[Required action] Your response should contain each line of the data that includes "curpri".
### Input ###
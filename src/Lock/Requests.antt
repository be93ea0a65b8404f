-- ===== src/Lock/Requests.antt =====
-- The priority and the request of a thread, and when it may lock a node.
use reiser.Base.{
  ℕ, ◌≡◌, refl, sym, ap, ◌∙◌, Bool, true, false, List, [], ◌∷◌, if_cases, Bool-cases, inl, inr,
  ◌==◌, ◌<◌, ℤ, pos, negsuc, put, put_ne, put_map, count, arith,
}
use reiser.Lock.State.{
  Mode, no_lock, read_lock, write_lock, is_read, is_write, ok, Link, Zlock, Stack, World, put_stack,
  is_wlocked, lock_mode_compatible, first_is,
}
use reiser.Lock.Primitives.{
  lock_object, can_lock_object, raise_locks, set_high_priority, lower_locks, set_low_priority,
}
use reiser.Lock.View.{Counted, owner_ids, Core, core, Thread, thread, zs_of, ts_of, put_same}
use reiser.Lock.Counting.{MayLock, taken, taken-Counted, all_of}
use reiser.Lock.ViewSteps.{grant_core, grant_thread, grant-IsView}
use reiser.Lock.QueueSteps.{request-IsView}
use reiser.Lock.PrioritySteps.{raise-IsView, lower-IsView}
use reiser.Lock.System.{Sound, to_sound, same-IsSystem, put-IsSystem}
use reiser.Lock.Effects.{lock_object-zs, lock_object-ts}
use reiser.Lock.Handles.{raise_locks-core, lower_locks-core}

module _ {asleep : ℕ → Bool} (w : World) (me : ℕ) (v : Sound asleep w) where
  pub set_high_priority-Sound : asleep me ≡ false → Sound asleep (set_high_priority w me)
  unfolding set_high_priority
  set_high_priority-Sound a =
      let s = w.stacks me in
      let s' = record s { curpri = true; nr_signaled = 0 } in
      let zlocks = raise_locks s.locks w.zlocks in
      let w' : World = record { zlocks = zlocks; stacks = put w.stacks me s' } in
      if_cases (λ (w : World). Sound asleep w) s.curpri (λ e. v)
        (λ e. to_sound w' refl (put_map thread w.stacks me s') (
          same-IsSystem v
            (raise-IsView v.view me (zs_of w') (v.awake me a) e (raise_locks-core s.locks w.zlocks))
            (λ k. ap (λ (z : Core). z.requestors) (raise_locks-core s.locks w.zlocks k))
            (λ u b. put_same (λ (th : Thread). th.mode) (ts_of w) me (thread s') refl u)
            (λ u b. put_same (λ (th : Thread). th.node) (ts_of w) me (thread s') refl u)))

  pub set_low_priority-Sound : asleep me ≡ false → Sound asleep (set_low_priority w me)
  unfolding set_low_priority
  set_low_priority-Sound a =
      let s = w.stacks me in
      let lowered = lower_locks s.locks s.nr_signaled w.zlocks in
      let s' = record s { curpri = false; nr_signaled = lowered.0 } in
      let w' : World = record { zlocks = lowered.1; stacks = put w.stacks me s' } in
      if_cases (λ (w : World). Sound asleep w) s.curpri
        (λ e. to_sound w' refl (put_map thread w.stacks me s') (
          same-IsSystem v
            (lower-IsView v.view me (zs_of w') (v.awake me a) e
              (lower_locks-core s.locks s.nr_signaled w.zlocks))
            (λ k.
              ap (λ (z : Core). z.requestors) (lower_locks-core s.locks s.nr_signaled w.zlocks k))
            (λ u b. put_same (λ (th : Thread). th.mode) (ts_of w) me (thread s') refl u)
            (λ u b. put_same (λ (th : Thread). th.node) (ts_of w) me (thread s') refl u)))
        (λ e. v)

  -- A thread that does not sleep changes its request.
  pub request-Sound :
      (s' : Stack) (node : ℕ) (mode : Mode)
      → asleep me ≡ false
      → thread s' ≡ record (ts_of w me) { node = node; mode = mode }
      → Sound asleep (put_stack w me s')
  request-Sound s' node mode a e =
      let th' = record (ts_of w me) { node = node; mode = mode } in
      let other = λ (u : ℕ) (b : asleep u ≡ true).
        put_ne (ts_of w) me th' u (elim (Bool-cases (u == me)) [
          | inl d ↦ absurd (ground (arith, a, b, ap asleep {x = u} {y = me} (ground arith)))
          | inr d ↦ d
        ]) in
      to_sound (put_stack w me s') refl
        (put_map thread w.stacks me s' ∙ ap (λ (th : Thread). put (ts_of w) me th) e)
        (same-IsSystem v (request-IsView v.view me node mode (v.awake me a)) (λ k. refl)
          (λ u b. ap (λ (th : Thread). th.mode) (other u b))
          (λ u b. ap (λ (th : Thread). th.node) (other u b)))

  -- The thread locks the node that it asks for.
  pub lock_object-Sound :
      let s = w.stacks me in
      let z = w.zlocks s.request.node in
      MayLock (is_read s.request.mode) z.nr_readers (owner_ids z.owners) me
      → Sound asleep (lock_object w me)
  lock_object-Sound m =
      let s = w.stacks me in
      let n = s.request.node in
      let z = w.zlocks n in
      let r = taken (is_read s.request.mode) z.nr_readers in
      to_sound (lock_object w me) (lock_object-zs w me) (lock_object-ts w me) (
        put-IsSystem v n me (grant_core r s.curpri me (core z)) (grant_thread n (thread s))
          (grant-IsView v.view n me r (
            taken-Counted (is_read s.request.mode) z.nr_readers (owner_ids z.owners) me
              (v.view.cores n).counted m))
          refl refl refl)

readers-MayLock :
    (z : Zlock) (r : ℤ) (mode : Mode) (ids : List ℕ) (t : ℕ)
    → lock_mode_compatible (record z { nr_readers = r }) mode ≡ true
    → MayLock (is_read mode) r ids t
unfolding lock_mode_compatible
readers-MayLock z (pos n) read_lock ids t e = tt
readers-MayLock z (pos n) write_lock ids t e = ground (arith, e)
readers-MayLock z (negsuc n) read_lock ids t e = absurd (ground (arith, e))
readers-MayLock z (negsuc n) write_lock ids t e = absurd (ground (arith, e))
readers-MayLock z r no_lock ids t e = absurd (ground (arith, e))

-- What can_lock_object grants keeps readers and writers apart.
pub compatible-MayLock :
    (z : Zlock) (mode : Mode) (ids : List ℕ) (t : ℕ)
    → lock_mode_compatible z mode ≡ true
    → MayLock (is_read mode) z.nr_readers ids t
unfolding lock_mode_compatible
compatible-MayLock z mode ids t e = readers-MayLock z z.nr_readers mode ids t e

pub can_lock_object-compatible :
    (w : World) (t : ℕ)
    → can_lock_object w t ≡ ok
    → lock_mode_compatible (w.zlocks (w.stacks t).request.node) (w.stacks t).request.mode ≡ true
unfolding can_lock_object
can_lock_object-compatible w t e = ground (arith, e)

-- A thread that is the first owner of a write locked node holds all its handles.
pub recursive-MayLock :
    (z : Zlock) (r : ℤ) (mode : Mode) (me : ℕ) (ls : List Link)
    → is_write mode ≡ true
    → first_is me ls ≡ true
    → is_wlocked (record z { nr_readers = r }) ≡ true
    → Counted r (owner_ids ls)
    → MayLock (is_read mode) r (owner_ids ls) me
recursive-MayLock z (pos n) mode me ls m f e c = absurd (ground (arith, e))
recursive-MayLock z (negsuc n) mode me [] m f e c = absurd (ground (arith, f))
recursive-MayLock z (negsuc n) read_lock me (l ∷ ls) m f e c = absurd (ground (arith, m))
recursive-MayLock z (negsuc n) no_lock me (l ∷ ls) m f e c = absurd (ground (arith, m))
recursive-MayLock z (negsuc n) write_lock me (l ∷ ls) m f e (len, u, c) =
    let held : 0 < count me (owner_ids (l ∷ ls)) = ground (arith, f) in
    all_of me u (owner_ids (l ∷ ls)) (c ∙ sym len) held ∙ len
###
[Written answer]
      let s' = record s { curpri = true; nr_signaled = 0 } in
      if_cases (λ (w : World). Sound asleep w) s.curpri (λ e. v)
      let s' = record s { curpri = false; nr_signaled = lowered.0 } in
      if_cases (λ (w : World). Sound asleep w) s.curpri
        put-IsSystem v n me (grant_core r s.curpri me (core z)) (grant_thread n (thread s))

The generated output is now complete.